**WHAT IS BEING ASKED:** Reproduce, exactly and in full, only the lines below from the one containing "starts_item b (well_atom" through the one containing "the first token.".

**DATA SECTION:**
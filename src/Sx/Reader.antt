-- ===== src/Sx/Reader.antt =====
-- `Sx::read` and `Sx::read_one` of src/sexpr.rs. Each message is a constructor of `ReadError`.
use aipl.Base.{
  ℕ, zero, suc, ◌*◌, Bool, true, false, ◌&&◌, not, Option, none, some, List, [], ◌∷◌, Result, ok,
  err, ◌>>=◌, length, if◌then◌else◌,
}
use aipl.Token.{TokenKind, Token, Pos, token_pos, string_lit}
use aipl.Sx.{
  Sx, Items, atom, list, nil, cons, Bracket, paren, square, Shape, opens, closes, plain, shape,
  ends_in_placeholder,
}

pub data ReadError : Type 0 where
  unexpected_end : ReadError
  never_closed mismatched unexpected_close unexpected_input open_placeholder : Pos → ReadError
  -- no message of the program: the model's recursion ran out
  out_of_fuel : ReadError

-- What a token means inside a list whose bracket is `b`.
pub data Inside : Type 0 where
  closer other_closer item : Inside

abbrev pub inside : Bracket → Shape → Inside
inside paren (closes paren) = closer
inside square (closes square) = closer
inside _ (closes _) = other_closer
inside _ _ = item

unfoldable mutual
  pub read : ℕ → List Token → Result ReadError (Sx × List Token)
  read zero ts = err out_of_fuel
  read (suc f) [] = err unexpected_end
  read (suc f) (t ∷ ts) = elim (shape t.kind) [
    | opens b ↦ (do (xs, close, rest) ← read_items f t b ts; ok (list t xs close, rest))
    | closes _ ↦ err (unexpected_close (token_pos t))
    | plain ↦ ok (atom t, ts)
  ]

  pub read_items : ℕ → Token → Bracket → List Token → Result ReadError (Items × Token × List Token)
  read_items zero opening b ts = err out_of_fuel
  read_items (suc f) opening b [] = err (never_closed (token_pos opening))
  read_items (suc f) opening b (t ∷ ts) = elim (inside b (shape t.kind)) [
    | closer ↦ ok (nil, t, ts)
    | other_closer ↦ err (mismatched (token_pos t))
    | item ↦ (do
      (x, rest) ← read f (t ∷ ts)
      (xs, close, after) ← read_items f opening b rest
      ok (cons x xs, close, after))
  ]

-- Two units for each token, and one for the call.
abbrev pub fuel_for : List Token → ℕ
fuel_for ts = suc (2 * length ts)

-- The form must be the whole input.
abbrev pub whole : Sx × List Token → Result ReadError Sx
whole (sx, []) = ok sx
whole (sx, t ∷ _) = err (unexpected_input (token_pos t))

-- The closure `read` of `read_one`.
unfoldable pub read_whole : List Token → Result ReadError Sx
read_whole ts = read (fuel_for ts) ts >>= whole

abbrev pub kind_ends_in_placeholder : TokenKind → Bool
kind_ends_in_placeholder (string_lit s) = ends_in_placeholder s
kind_ends_in_placeholder _ = false

abbrev pub is_closer : Shape → Bool
is_closer (closes _) = true
is_closer _ = false

-- The first string that ends inside a placeholder and has more code after it.
unfoldable pub find_split : List Token → Option Token
find_split [] = none
find_split (t ∷ []) = none
find_split (t ∷ n ∷ rest) =
    let later = find_split (n ∷ rest) in
    if kind_ends_in_placeholder t.kind && not (is_closer (shape n.kind)) then some t else later

-- An error says instead that a string's placeholder is open, where one is.
abbrev pub map_err : Option Token → Result ReadError Sx → Result ReadError Sx
map_err _ (ok sx) = ok sx
map_err none (err e) = err e
map_err (some t) (err e) = err (open_placeholder (token_pos t))

unfoldable pub read_one : List Token → Result ReadError Sx
read_one ts = map_err (find_split ts) (read_whole ts)
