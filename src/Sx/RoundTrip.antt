-- ===== src/Sx/RoundTrip.antt =====
-- Well-bracketed forms, and reading what one flattens to: src/sexpr.rs.
use aipl.Base.{
  ℕ, zero, suc, ◌+◌, ◌*◌, ◌≤◌, ◌<◌, ◌≡◌, refl, ap, List, [], ◌∷◌, ◌++◌, append_assoc, append-nil,
  Result, ok, ◌>>=◌, length, length-append, arith,
}
use aipl.Token.{Token}
use aipl.Sx.{
  Sx, Items, atom, list, nil, cons, Bracket, paren, square, opens, closes, plain, shape, flatten,
  flatten_items,
}
use aipl.Sx.Reader.{read, read_items, closer, item, inside, fuel_for, read_whole, read_one}

-- Atoms are no brackets, and the two brackets of a list are a pair.
mutual
  pub data IsWell : Sx → Type 0 where
    well_atom : {t : Token} → shape t.kind ≡ plain → IsWell (atom t)
    well_list :
        {t close : Token} {xs : Items} (b : Bracket)
        → shape t.kind ≡ opens b
        → shape close.kind ≡ closes b
        → AreWell xs
        → IsWell (list t xs close)

  pub data AreWell : Items → Type 0 where
    well_nil : AreWell nil
    well_cons : {x : Sx} {xs : Items} → IsWell x → AreWell xs → AreWell (cons x xs)

-- For `omega`, on tokens.
pub length-append_tokens : (xs ys : List Token) → length (xs ++ ys) ≡ length xs + length ys
length-append_tokens = length-append

pub ruleset lengths = (arith, length-append_tokens)

inside-closes : (b : Bracket) → inside b (closes b) ≡ closer
inside-closes paren = refl
inside-closes square = refl

inside-plain : (b : Bracket) → inside b plain ≡ item
inside-plain paren = refl
inside-plain square = refl

inside-opens : (b c : Bracket) → inside b (opens c) ≡ item
inside-opens paren c = refl
inside-opens square c = refl

-- A well-bracketed form begins with a token that starts an item.
starts_item :
    (b : Bracket) {x : Sx}
    → IsWell x
    → (t : Token) × (ts : List Token) × (flatten x ≡ t ∷ ts) × (inside b (shape t.kind) ≡ item)
unfolding flatten
starts_item b (well_atom {t} p) = (t, [], refl, rw p (inside-plain b))
starts_item b (well_list {t} {close} {xs} c p q w) =
    (t, flatten_items xs ++ close ∷ [], refl, rw p (inside-opens b c))

-- What `read` and `read_items` do, by the shape of the first token.
module _ (f : ℕ) (t : Token) (ts : List Token) where
  pub read-plain : shape t.kind ≡ plain → read (suc f) (t ∷ ts) ≡ ok (atom t, ts)
  unfolding read
  read-plain h = rw (h, read)

  pub read-opens :
      (b : Bracket)
      → shape t.kind ≡ opens b
      → read (suc f) (t ∷ ts)
        ≡ (do (xs, close, rest) ← read_items f t b ts; ok (list t xs close, rest))
  unfolding read
  read-opens b h = rw (h, read)

  pub read_items-closes :
      (o : Token) (b : Bracket)
      → inside b (shape t.kind) ≡ closer
      → read_items (suc f) o b (t ∷ ts) ≡ ok (nil, t, ts)
  unfolding read
  read_items-closes o b h = rw (h, read_items)

  pub read_items-item :
      (o : Token) (b : Bracket)
      → inside b (shape t.kind) ≡ item
      → read_items (suc f) o b (t ∷ ts) ≡ (do
        (x, rest) ← read f (t ∷ ts)
        (xs, close, after) ← read_items f o b rest
        ok (cons x xs, close, after))
  unfolding read
  read_items-item o b h = rw (h, read_items)

mutual
  unfolding flatten

  read-flatten_well :
      {s : Sx} (w : IsWell s) (f : ℕ) (rest : List Token)
      → 2 * length (flatten s) ≤ f
      → read f (flatten s ++ rest) ≡ ok (s, rest)
  read-flatten_well (well_atom {t} p) zero rest h = absurd (omega arith)
  read-flatten_well (well_atom {t} p) (suc f) rest h = read-plain f t rest p
  read-flatten_well (well_list {t} {close} {xs} b p q w) zero rest h = absurd (omega arith)
  read-flatten_well (well_list {t} {close} {xs} b p q w) (suc f) rest h =
      rw (
        read-opens f t _ b p,
        append_assoc,
        read_items-flatten w f t b close rest q (omega lengths),
      )

  read_items-flatten :
      {xs : Items} (w : AreWell xs) (f : ℕ) (o : Token) (b : Bracket) (close : Token)
      (rest : List Token)
      → shape close.kind ≡ closes b
      → 2 * length (flatten_items xs) < f
      → read_items f o b (flatten_items xs ++ close ∷ rest) ≡ ok (xs, close, rest)
  read_items-flatten well_nil zero o b close rest q h = absurd (omega arith)
  read_items-flatten well_nil (suc f) o b close rest q h =
      read_items-closes f close rest o b (rw q (inside-closes b))
  read_items-flatten (well_cons {x} {xs} wx w) zero o b close rest q h = absurd (omega arith)
  read_items-flatten (well_cons {x} {xs} wx w) (suc f) o b close rest q h =
      let (t, ts, e, i) = starts_item b wx in
      let after = flatten_items xs ++ close ∷ rest in
      let first = read-flatten_well wx f after (omega lengths) in
      let others = read_items-flatten w f o b close rest q (omega (lengths, ap length e)) in
      let at_token = rw e at first in
      rw (append_assoc, e, read_items-item f t (ts ++ after) o b i) (rw at_token (rw others))

-- With two units of fuel for each token, the reader reads a well-bracketed form off the front of any
-- input.
pub read-flatten :
    (s : Sx) (f : ℕ) (rest : List Token)
    → IsWell s
    → 2 * length (flatten s) ≤ f
    → read f (flatten s ++ rest) ≡ ok (s, rest)
read-flatten s f rest w h = read-flatten_well w f rest h

pub read_whole-flatten : (s : Sx) → IsWell s → read_whole (flatten s) ≡ ok s
unfolding read_whole
read_whole-flatten s w =
    let r = read-flatten s (fuel_for (flatten s)) [] w (omega arith) in rw (rw append-nil at r)

-- The tokens of a well-bracketed form read as that form, whatever its strings hold.
pub read_one-flatten : (s : Sx) → IsWell s → read_one (flatten s) ≡ ok s
unfolding read_one
read_one-flatten s w = rw (read_whole-flatten s w)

**RESPONSE AREA:**
starts_item b (well_atom {t} p) = (t, [], refl, rw p (inside-plain b))
starts_item b (well_list {t} {close} {xs} c p q w) =
    (t, flatten_items xs ++ close ∷ [], refl, rw p (inside-opens b c))

-- What `read` and `read_items` do, by the shape of the first token.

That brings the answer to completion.